» TASK DIRECTIONS:
Nothing past the line containing "unfolding get_task_in" belongs in the output. Copy exactly every line of the data below from the first up to and including it.

» DATA RECORDS:
-- ===== src/Handlers/Tasks/Cancel.antt =====
-- server/src/handlers/task_handler.cpp: what a request to cancel a task does to the tasks.
use task_hub.Core.Manager.Ids.{get_task_in-change_task}
use task_hub.Core.Manager.{Manager, Statement, get_task, get_task_in, update_task}
use task_hub.Core.Task.{Task, TaskStatus}
use task_hub.Handlers.Tasks.{TaskServer, cancel_task, cancel_known, is_finished}
use task_hub.Prelude.{
  ℕ, Text, ◌==◌, ==→eq, ◌≡◌, true, none, some, [], ◌∷◌, List, arith, if◌then◌else◌, inl, inr,
  Option-cases, Bool-cases, Text-Eq, pos,
}

-- The task that an id has after a request to cancel it: a task that is pending or running is marked
-- at this time, and nothing else of it changes.
abbrev pub marked_for_cancel : Text → Task → Task
marked_for_cancel now t = elim t.status [
  | TaskStatus.pending ↦ record t { cancel_flag = true; update_time = now }
  | TaskStatus.running ↦ record t { cancel_flag = true; update_time = now }
  | _ ↦ t
]

get_task_in-id : (id : ℕ) (ts : List Task) (t : Task) → get_task_in id ts ≡ some t → t.id ≡ id
unfolding get_task_in
get_task_in-id id [] t e = cc
get_task_in-id id (x ∷ ts) t e = ground (arith, ==→eq x.id id, get_task_in-id id ts t)

-- After a request to cancel the task of an id, which its digits give as an int, each id has the task
-- that it had, but that the task of the request, if it is pending or running, is marked; whether or not
-- the statement that stores it is done.
pub get_task-cancel_task :
    (s : TaskServer) (sql : Statement) (digits : Text) (id : ℕ) (m : Manager) (j : ℕ)
    → s.service.texts.stoi digits ≡ some (pos id)
    → get_task j (cancel_task s sql digits m).1 ≡ (
        if j == id
        then elim (get_task id m) [ none ↦ none | some t ↦ some (marked_for_cancel s.now t) ]
        else get_task j m)
unfolding cancel_task cancel_known get_task update_task
get_task-cancel_task s sql digits id m j read = elim (Option-cases (get_task_in id m.tasks)) [
  | inl e ↦ ground (arith, read, e, ==→eq j id)
  | inr (t, e) ↦
      let own = get_task_in-id id m.tasks t e in
      let u = record t { cancel_flag = true; update_time = s.now } in
      let other =
        get_task_in-change_task j id (λ (x : Task). u) m.tasks (λ x q. ground (arith, own)) in
      elim (Bool-cases (is_finished t.status)) [
        | inl f ↦ ground (arith, read, e, f, ==→eq j id)
        | inr f ↦ ground (arith, read, e, f, own, other, ==→eq j id, ==→eq id j)
      ]
]
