-- ===== src/Handlers/Templates/Runs/Accepted.antt =====
-- server/src/handlers/template_handler.cpp: the job of a template that is run as a job.
use task_hub.Template.Types.{TaskTemplate}
use task_hub.Execution.Remote.{text_member, text_of_json}
use task_hub.Dag.Service.{
  ServiceCalls, array_member, object_member, inject_run_id, inject_into_items, inject_into_task,
  tasks_of_body, run_dag, dag_failed, DagResult, dag_config_from_json, Mark,
}
use task_hub.Handlers.Http.{Request, Response, respond_ok}
use task_hub.Handlers.Templates.{TemplateServer, json_calls}
use task_hub.Handlers.Templates.Runs.{
  Asked, refused, broken, rendered, ask, task_entry, task_entries, task_list_of, run_template_async,
  prepared, short_refusal,
}
use task_hub.Json.{
  Json, Items, nil, cons, Fields, array, string, object, object_of, find_field, set_field,
  find_field-set_field, null,
}
use task_hub.Prelude.{
  Text, text, text_eq, Text-Eq, =?_refl, none, some, List, [], ◌∷◌, ◌≡◌, ◌⊎◌, inl, inr, arith, refl,
  ◌>>=◌, >>=-some, Option-cases, false, subst, ◌=?◌, sym,
}

-- A task that has a text id, and the run id, and the entry of an answer that names it.
pub record IsTaskOf (run_id : Text) (j entry : Json) : Type 0 where
  pub fields : Fields
  pub is_object : j ≡ object fields
  pub id : Text
  pub has_id : find_field (text "id") fields ≡ some (string id)
  pub has_run_id : find_field (text "run_id") fields ≡ some (string run_id)
  pub is_named : entry ≡ object_of ((text "logical", string id) ∷ (text "task_id", string id) ∷ [])

abbrev pub AreTasksOf : Text → Items → Items → Type 0
AreTasksOf run_id nil nil = Unit {0}
AreTasksOf run_id (cons j js) (cons e es) = IsTaskOf run_id j e × AreTasksOf run_id js es
AreTasksOf run_id _ _ = ⊥

text_of_json-some : (j : Json) (s : Text) → text_of_json j ≡ some s → j ≡ string s
text_of_json-some (string x) s e = ground (arith, e)
text_of_json-some _ s e = cc

text_member-some :
    (k s : Text) (fs : Fields)
    → text_member k (object fs) ≡ some s
    → find_field k fs ≡ some (string s)
unfolding text_member
text_member-some k s fs e =
    let (j, found, is_text) = >>=-some (find_field k fs) text_of_json s e in
    ground (arith, found, text_of_json-some j s is_text)

text_of_entry :
    (j entry : Json)
    → task_entry j ≡ some entry
    → (s : Text) × (text_member (text "id") j ≡ some s)
      × (entry ≡ object_of ((text "logical", string s) ∷ (text "task_id", string s) ∷ []))
unfolding task_entry
text_of_entry j entry e =
    let (s, found, e') = >>=-some (text_member (text "id") j) _ entry e in
    (s, found, ground (arith, e'))

injected_task :
    (run_id : Text) (j entry k : Json)
    → task_entry j ≡ some entry
    → inject_into_task run_id j ≡ some k
    → IsTaskOf run_id k entry
unfolding inject_into_task text_eq task_entry text_member
injected_task run_id (object fs) entry k listed e =
    let (s, found', named) = text_of_entry (object fs) entry listed in
    let found = text_member-some (text "id") s fs found' in
    let fs' = set_field (text "run_id") (string run_id) fs in
    record {
      fields = fs';
      is_object = ground (arith, e);
      id = s;
      has_id =
          ground
            (arith, find_field-set_field (text "run_id") (text "id") (string run_id) fs, found);
      has_run_id = ground (
        arith,
        find_field-set_field (text "run_id") (text "run_id") (string run_id) fs,
        =?_refl (text "run_id"),
      );
      is_named = named;
    }
injected_task run_id null entry k listed e = cc
injected_task run_id (Json.string x) entry k listed e = cc
injected_task run_id _ entry k listed e = cc

injected_tasks :
    (run_id : Text) (js entries ks : Items)
    → task_entries js ≡ some entries
    → inject_into_items run_id js ≡ some ks
    → AreTasksOf run_id ks entries
unfolding task_entries inject_into_items
injected_tasks run_id nil entries ks listed e =
    let a : nil ≡ ks = ground (arith, e) in
    let b : nil ≡ entries = ground (arith, listed) in
    subst (λ (xs : Items). AreTasksOf run_id xs entries) a
      (subst (λ (es : Items). AreTasksOf run_id nil es) b tt)
injected_tasks run_id (cons j js) entries ks listed e =
    let (entry, first, l') = >>=-some (task_entry j) _ entries listed in
    let (rest, more, l'') = >>=-some (task_entries js) _ entries l' in
    let (k, put, e') = >>=-some (inject_into_task run_id j) _ ks e in
    let (others, puts, e'') = >>=-some (inject_into_items run_id js) _ ks e' in
    let a : cons k others ≡ ks = ground (arith, e'') in
    let b : cons entry rest ≡ entries = ground (arith, l'') in
    subst (λ (xs : Items). AreTasksOf run_id xs entries) a
      (subst (λ (es : Items). AreTasksOf run_id (cons k others) es) b
        (injected_task run_id j entry k first put, injected_tasks run_id js rest others more puts))

-- The body of a job, and the entries that name its tasks: a list of tasks, each with a text id and
-- the run id, or one such task, or neither.
pub data IsBodyOf (run_id : Text) (b : Fields) (entries : Items) : Type 0 where
  tasks :
      (js : Items)
      → array_member (text "tasks") (object b) ≡ some js
      → AreTasksOf run_id js entries
      → IsBodyOf run_id b entries
  task :
      (ts : Fields)
      → object_member (text "task") (object b) ≡ some ts
      → AreTasksOf run_id (cons (object ts) nil) entries
      → IsBodyOf run_id b entries
  neither :
      tasks_of_body (object b) ≡ none
      → AreTasksOf run_id (cons (object b) nil) entries
      → IsBodyOf run_id b entries

array_member-other :
    (k j : Text) (v : Json) (fs : Fields)
    → (j =? k) ≡ false
    → array_member k (object (set_field j v fs)) ≡ array_member k (object fs)
unfolding array_member
array_member-other k j v fs e = rw (find_field-set_field j k v fs, e) refl

object_member-other :
    (k j : Text) (v : Json) (fs : Fields)
    → (j =? k) ≡ false
    → object_member k (object (set_field j v fs)) ≡ object_member k (object fs)
unfolding object_member
object_member-other k j v fs e = rw (find_field-set_field j k v fs, e) refl

array_member-same :
    (k : Text) (js : Items) (fs : Fields)
    → array_member k (object (set_field k (array js) fs)) ≡ some js
unfolding array_member
array_member-same k js fs = rw (find_field-set_field k k (array js) fs, =?_refl k) refl

object_member-same :
    (k : Text) (ts fs : Fields) → object_member k (object (set_field k (object ts) fs)) ≡ some ts
unfolding object_member
object_member-same k ts fs = rw (find_field-set_field k k (object ts) fs, =?_refl k) refl

injected_body :
    (run_id : Text) (b b' : Fields) (entries : Items)
    → task_list_of b ≡ some entries
    → inject_run_id run_id b ≡ some b'
    → IsBodyOf run_id b' entries
unfolding task_list_of inject_run_id tasks_of_body text_eq
injected_body run_id b b' entries listed e =
    elim (Option-cases (array_member (text "tasks") (object b))) [
      | inr (js, n) ↦
          let l : task_entries js ≡ some entries = ground (arith, n, listed) in
          let made : (inject_into_items run_id js >>= λ (xs : Items).
          some (set_field (text "tasks") (array xs) b))
              ≡ some b' =
            ground (arith, n, e) in
          let (items, injected, e') = >>=-some (inject_into_items run_id js) _ b' made in
          let same : set_field (text "tasks") (array items) b ≡ b' = ground (arith, e') in
          tasks items (rw (← same) (array_member-same (text "tasks") items b))
            (injected_tasks run_id js entries items l injected)
      | inl n ↦ elim (Option-cases (object_member (text "task") (object b))) [
        | inr (ts, m) ↦
            let l : (task_entry (object ts) >>= λ (x : Json). some (cons x nil)) ≡ some entries =
              ground (arith, n, m, listed) in
            let (entry, first, l') = >>=-some (task_entry (object ts)) _ entries l in
            let one_entry : cons entry nil ≡ entries = ground (arith, l') in
            let ts' = set_field (text "run_id") (string run_id) ts in
            let same : set_field (text "task") (object ts') b ≡ b' = ground (arith, n, m, e) in
            task ts' (rw (← same) (object_member-same (text "task") ts' b)) (
              subst (λ (es : Items). AreTasksOf run_id (cons (object ts') nil) es) one_entry
                (
                  injected_task run_id (object ts) entry (object ts') first
                      (unfold inject_into_task in refl),
                  tt,
                ))
        | inl m ↦
            let l : (task_entry (object b) >>= λ (x : Json). some (cons x nil)) ≡ some entries =
              ground (arith, n, m, listed) in
            let (entry, first, l') = >>=-some (task_entry (object b)) _ entries l in
            let one_entry : cons entry nil ≡ entries = ground (arith, l') in
            let own = set_field (text "run_id") (string run_id) b in
            let same : own ≡ b' = ground (arith, n, m, e) in
            let list = array_member-other (text "tasks") (text "run_id") (string run_id) b refl in
            let one = object_member-other (text "task") (text "run_id") (string run_id) b refl in
            rw (← same) (
              neither (ground (arith, list, one, n, m)) (
                subst (λ (es : Items). AreTasksOf run_id (cons (object own) nil) es) one_entry
                  (
                    injected_task run_id (object b) entry (object own) first
                        (unfold inject_into_task in refl),
                    tt,
                  )))
      ]
    ]

Asked-cases :
    (a : Asked)
    → (((r : Response) × (a ≡ refused r)) ⊎ ((j : Json) × (a ≡ broken j)))
      ⊎ ((id : Text) × (t : TaskTemplate) × (made : Json) × (j : Json) × (a ≡ rendered id t made j))
Asked-cases (refused r) = inl (inl (r, refl))
Asked-cases (broken j) = inl (inr (j, refl))
Asked-cases (rendered id t made j) = inr (id, t, made, j, refl)

-- A job that `/template/run_async` hands over has what its answer says: the answer has the run id of
-- the job and a list of entries; the body of the job is a list of tasks, one task, or a task itself,
-- where every task has a text id and that run id; and the entries name the ids of the tasks, in their
-- order.
pub run_template_async-IsBodyOf :
    (s : TemplateServer) (req : Request) (r : Response) (b : Fields) (run_id : Text)
    → run_template_async s req ≡ (r, some (b, run_id))
    → (entries : Items) × IsBodyOf run_id b entries
      × (r
          ≡ respond_ok
              (json_calls s)
              (object_of ((text "run_id", string run_id) ∷ (text "task_ids", array entries) ∷ [])))
unfolding run_template_async
run_template_async-IsBodyOf s req r b run_id e = elim (Asked-cases (ask s (short_refusal s) req)) [
  | inl n ↦ elim n [ inl (x, m) ↦ ground (arith, m, e) | inr (x, m) ↦ ground (arith, m, e) ]
  | inr (id, t, made, j, n) ↦ elim (Option-cases (prepared s id t made j)) [
    | inl p ↦ ground (arith, n, p, e)
    | inr ((own, b0), p) ↦ elim (Option-cases (task_list_of b0)) [
      | inl l ↦ ground (arith, n, p, l, e)
      | inr (entries, l) ↦ elim (Option-cases (inject_run_id own b0)) [
        | inl i ↦ ground (arith, n, p, l, i, e)
        | inr (b1, i) ↦
            let facts : (b1 ≡ b) × (own ≡ run_id) = ground (arith, n, p, l, i, e) in
            let answer : respond_ok (json_calls s)
                  (object_of ((text "run_id", string own) ∷ (text "task_ids", array entries) ∷ []))
                ≡ r =
              ground (arith, n, p, l, i, e) in
            (
              entries,
              rw (← facts.0, ← facts.1) (injected_body own b0 b1 entries l i),
              rw (← facts.1) (sym answer),
            )
      ]
    ]
  ]
]

-- Such a job that is a task itself comes to nothing: the service answers that it has no tasks.
pub task_alone_fails :
    (c : ServiceCalls) (b : Fields) (source run_id : Text) (d : DagResult) (marks : List Mark)
    → tasks_of_body (object b) ≡ none
    → run_dag c (object b) source run_id ≡ some (d, marks)
    → d ≡ dag_failed (text "missing or invalid tasks array or object")
unfolding run_dag
task_alone_fails c b source run_id d marks n e =
    elim (Option-cases (dag_config_from_json c (object b) [])) [
      | inl m ↦ ground (arith, n, m, e)
      | inr (cfg, m) ↦ ground (arith, n, m, e)
    ]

» RESULT OF THIS EXERCISE:
-- ===== src/Handlers/Tasks/Cancel.antt =====
-- server/src/handlers/task_handler.cpp: what a request to cancel a task does to the tasks.
use task_hub.Core.Manager.Ids.{get_task_in-change_task}
use task_hub.Core.Manager.{Manager, Statement, get_task, get_task_in, update_task}
use task_hub.Core.Task.{Task, TaskStatus}
use task_hub.Handlers.Tasks.{TaskServer, cancel_task, cancel_known, is_finished}
use task_hub.Prelude.{
  ℕ, Text, ◌==◌, ==→eq, ◌≡◌, true, none, some, [], ◌∷◌, List, arith, if◌then◌else◌, inl, inr,
  Option-cases, Bool-cases, Text-Eq, pos,
}

-- The task that an id has after a request to cancel it: a task that is pending or running is marked
-- at this time, and nothing else of it changes.
abbrev pub marked_for_cancel : Text → Task → Task
marked_for_cancel now t = elim t.status [
  | TaskStatus.pending ↦ record t { cancel_flag = true; update_time = now }
  | TaskStatus.running ↦ record t { cancel_flag = true; update_time = now }
  | _ ↦ t
]

get_task_in-id : (id : ℕ) (ts : List Task) (t : Task) → get_task_in id ts ≡ some t → t.id ≡ id
unfolding get_task_in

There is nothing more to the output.